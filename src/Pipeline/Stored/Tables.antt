-- ===== src/Pipeline/Stored/Tables.antt =====
-- One commitment of a pass of internal/pipeline/evaluate.go over the store of internal/store/memory: what it writes to the
-- two tables, and that all else leaves them as they are.
use nous.Prelude.{
  ℕ, ◌≡◌, ◌≢◌, refl, sym, ap, ◌∙◌, subst, false, Option, none, String, List, [], ◌∷◌, arith, length,
}
use nous.Prelude.Time.{Time}
use nous.Prelude.Float.{Float64, outside_unit}
use nous.Domain.Errors.{Uuid, Error, Result, ok, err, IsOk-value}
use nous.Domain.Types.{ChronosSignal}
use nous.Domain.Commitment.{Commitment}
use nous.Domain.Decision.{Decision, new_decision, validate, text, count, number, risk_factors}
use nous.Domain.Intervention.{Intervention}
use nous.Risk.Types.{RiskAssessment}
use nous.Risk.Engine
use nous.Risk.Engine.{evaluate_commitment}
use nous.Intervene.Engine as Policy
use nous.Store.Table.{Table, insert}
use nous.Store.Arrange.{Arrange}
use nous.Store.Memory.{State}
use nous.Store.Memory.Decisions as Ledger
use nous.Store.Memory.Interventions as Nudges
use nous.Pipeline.Stored.{Outside, stored, at_store}
use nous.Pipeline.Stored.Repository.{
  recall_beside, append_beside, signals_beside, dry_run_beside, nudge_table,
}
use nous.Domain.Decision.Validity.{new_decision_accepts, new_decision-validate}
use nous.Pipeline.Evidence.{after_save, filled, save_built, record_decision}
use nous.Pipeline.Evaluate.Full.{speaks}
use nous.Pipeline.Evaluate.Contract.{Onward, Aside}
use nous.Pipeline.Evaluate.Keeps.{mirror_go}

module _ {F X : Type 0} where
  -- The two tables that a pass writes to.
  pub record HasTables (cs : Table (Commitment F)) (ds : Table (Decision F)) (w : State F × X)
      : Type 0 where
    pub rows : w.0.commitments ≡ cs
    pub ledger : w.0.decisions ≡ ds

  abbrev pub Any : State F × X → Uuid → Type 0
  Any w i = Unit

  module _ (cs : Table (Commitment F)) (ds : Table (Decision F)) where
    same_tables :
        (w w' : State F × X)
        → w'.0.commitments ≡ w.0.commitments
        → w'.0.decisions ≡ w.0.decisions
        → Onward (HasTables cs ds) Any w w'
    same_tables w w' e f = record {
      kept = λ h. record { rows = e ∙ h.rows; ledger = f ∙ h.ledger };
      stays = λ i h. h;
    }

    same_all : (w w' : State F × X) → w'.0 ≡ w.0 → Onward (HasTables cs ds) Any w w'
    same_all w w' e =
        same_tables w w' (ap (λ (s : State F). s.commitments) e)
          (ap (λ (s : State F). s.decisions) e)

module _ {F : Type 0} ⦃fl : Float64 F⦄ (string_of : Uuid → String) where
  nudge_ledger :
      (s : State F) (iv : Intervention) → (Nudges.save string_of s iv).0.decisions ≡ s.decisions
  unfolding Nudges.save
  nudge_ledger s iv = ground arith

module _ {F X : Type 0} ⦃fl : Float64 F⦄ (rows : Arrange (Commitment F)) (out : Outside F X)
    (cs : Table (Commitment F)) (ds : Table (Decision F)) where
  pub tables-Aside : Aside (stored rows out) (HasTables cs ds) Any
  tables-Aside = record {
    intervention_on = λ w iv.
        same_tables cs ds w _ (nudge_table out.string_of w.0 iv)
          (nudge_ledger out.string_of w.0 iv);
    recall_on = λ m e w q. same_all cs ds w _ (recall_beside out.mnemos m e w q);
    append_on = λ m e w v. same_all cs ds w _ (append_beside out.mnemos m e w v);
    signals_on = λ f e w q. same_all cs ds w _ (signals_beside out.chronos f e w q);
    dry_run_on = λ f e w r. same_all cs ds w _ (dry_run_beside out.praxis f e w r);
    uuid_on = λ w. same_all cs ds w _ refl;
    runs_on = λ w. same_all cs ds w _ refl;
    score_on = λ w x. same_all cs ds w _ refl;
    created_on = λ w. same_all cs ds w _ refl;
  }

module _ {F : Type 0} (string_of : Uuid → String) where
  -- The decision `d` says that commitment `c` was assessed as `a`.
  pub record IsRecord (c : Commitment F) (a : RiskAssessment F) (d : Decision F) : Type 0 where
    pub concerns :
        (n : ℕ) × (d.inputs
          ≡ ("commitment_id", text (string_of c.id)) ∷ ("signal_count", count n) ∷ [])
    pub says : d.outcome ≡ ("risk_score", number a.score) ∷ ("factors", risk_factors a.factors) ∷ []

module _ {F X : Type 0} ⦃fl : Float64 F⦄ (rows : Arrange (Commitment F)) (out : Outside F X)
    (draws : (x : X) → (out.new_uuid x).0 ≢ 0) (risk : Engine.Config F)
    (policy : Policy.Config F) where
  ledger_saved :
      (s : State F) (d : Decision F)
      → validate d ≡ none
      → Ledger.save out.string_of s d
        ≡ (record s { decisions = insert (out.string_of d.id) d s.decisions }, none)
  unfolding Ledger.save
  ledger_saved s d h = ground arith

  -- What recording a decision comes to.
  abbrev Recorded :
      State F × X → Commitment F → RiskAssessment F → (State F × X) × Result (Decision F) → Type 0
  Recorded w c a r =
      (d : Decision F) × (r.1 ≡ ok d)
      × HasTables w.0.commitments (insert (out.string_of d.id) d w.0.decisions) r.0
      × IsRecord out.string_of c a d

  after_save-Recorded :
      (w : State F × X) (s : State F × Option Error) (c : Commitment F) (d : Decision F)
      (a : RiskAssessment F) (n : ℕ) (now : Time)
      → s ≡ (record w.0 { decisions = insert (out.string_of d.id) d w.0.decisions }, none)
      → IsRecord out.string_of c a d
      → Recorded w c a (after_save (stored rows out) (at_store w s) c d a n now)
  unfolding after_save
  after_save-Recorded w s c d a n now e h =
      subst (λ t. Recorded w c a (after_save (stored rows out) (at_store w t) c d a n now)) (sym e)
        (
          d,
          refl,
          (mirror_go (stored rows out) risk policy _ Any
                (tables-Aside rows out w.0.commitments
                  (insert (out.string_of d.id) d w.0.decisions))
                (record w.0 { decisions = insert (out.string_of d.id) d w.0.decisions }, w.1) c d a
                n now).kept
              (record { rows = refl; ledger = refl }),
          h,
        )

  filled-IsRecord :
      (d : Decision F) (c : Commitment F) (a : RiskAssessment F) (n : ℕ)
      → IsRecord out.string_of c a (filled (stored rows out) risk d c a n)
  unfolding filled
  filled-IsRecord d c a n = record { concerns = (n, refl); says = refl }

  filled_valid :
      (d : Decision F) (c : Commitment F) (a : RiskAssessment F) (n : ℕ)
      → validate d ≡ none
      → validate (filled (stored rows out) risk d c a n) ≡ none
  unfolding filled validate
  filled_valid d c a n h = h

  save_built-Recorded :
      (w : State F × X) (r : Result (Decision F)) (c : Commitment F) (a : RiskAssessment F) (n : ℕ)
      (now : Time) (d : Decision F)
      → r ≡ ok d
      → validate d ≡ none
      → Recorded w c a (save_built (stored rows out) risk w r c a n now)
  unfolding save_built
  save_built-Recorded w (err e) c a n now d h v = absurd (cc h)
  save_built-Recorded w (ok d') c a n now d h v =
      let f = filled (stored rows out) risk d' c a n in
      after_save-Recorded w (Ledger.save out.string_of w.0 f) c f a n now
        (ledger_saved w.0 f (filled_valid d' c a n (ground arith))) (filled-IsRecord d' c a n)

  pub record_decision-Recorded :
      (w : State F × X) (c : Commitment F) (a : RiskAssessment F) (signals : List (ChronosSignal F))
      (now : Time)
      → outside_unit a.confidence ≡ false
      → Recorded w c a (record_decision (stored rows out) risk w c a signals now)
  unfolding record_decision
  record_decision-Recorded w c a signals now o =
      let id = (out.new_uuid w.1).0 in
      let (d, e) =
        IsOk-value (new_decision id _ _ a.confidence now)
          ((new_decision_accepts id _ _ a.confidence now).1 (draws w.1, speaks.0, speaks.1, o)) in
      save_built-Recorded (w.0, (out.new_uuid w.1).1) _ c a (length signals) now d e
        (new_decision-validate id _ _ a.confidence now e)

== Aim of the exercise ==
Going down the listing above, begin printing at the line with "(nudge_ledger out.string_of w.0" and finish with the line with "s ≡ (record", exactly as they appear.

== Task output ==
          (nudge_ledger out.string_of w.0 iv);
    recall_on = λ m e w q. same_all cs ds w _ (recall_beside out.mnemos m e w q);
    append_on = λ m e w v. same_all cs ds w _ (append_beside out.mnemos m e w v);
    signals_on = λ f e w q. same_all cs ds w _ (signals_beside out.chronos f e w q);
    dry_run_on = λ f e w r. same_all cs ds w _ (dry_run_beside out.praxis f e w r);
    uuid_on = λ w. same_all cs ds w _ refl;
    runs_on = λ w. same_all cs ds w _ refl;
    score_on = λ w x. same_all cs ds w _ refl;
    created_on = λ w. same_all cs ds w _ refl;
  }

module _ {F : Type 0} (string_of : Uuid → String) where
  -- The decision `d` says that commitment `c` was assessed as `a`.
  pub record IsRecord (c : Commitment F) (a : RiskAssessment F) (d : Decision F) : Type 0 where
    pub concerns :
        (n : ℕ) × (d.inputs
          ≡ ("commitment_id", text (string_of c.id)) ∷ ("signal_count", count n) ∷ [])
    pub says : d.outcome ≡ ("risk_score", number a.score) ∷ ("factors", risk_factors a.factors) ∷ []

module _ {F X : Type 0} ⦃fl : Float64 F⦄ (rows : Arrange (Commitment F)) (out : Outside F X)
    (draws : (x : X) → (out.new_uuid x).0 ≢ 0) (risk : Engine.Config F)
    (policy : Policy.Config F) where
  ledger_saved :
      (s : State F) (d : Decision F)
      → validate d ≡ none
      → Ledger.save out.string_of s d
        ≡ (record s { decisions = insert (out.string_of d.id) d s.decisions }, none)
  unfolding Ledger.save
  ledger_saved s d h = ground arith

  -- What recording a decision comes to.
  abbrev Recorded :
      State F × X → Commitment F → RiskAssessment F → (State F × X) × Result (Decision F) → Type 0
  Recorded w c a r =
      (d : Decision F) × (r.1 ≡ ok d)
      × HasTables w.0.commitments (insert (out.string_of d.id) d w.0.decisions) r.0
      × IsRecord out.string_of c a d

  after_save-Recorded :
      (w : State F × X) (s : State F × Option Error) (c : Commitment F) (d : Decision F)
      (a : RiskAssessment F) (n : ℕ) (now : Time)
      → s ≡ (record w.0 { decisions = insert (out.string_of d.id) d w.0.decisions }, none)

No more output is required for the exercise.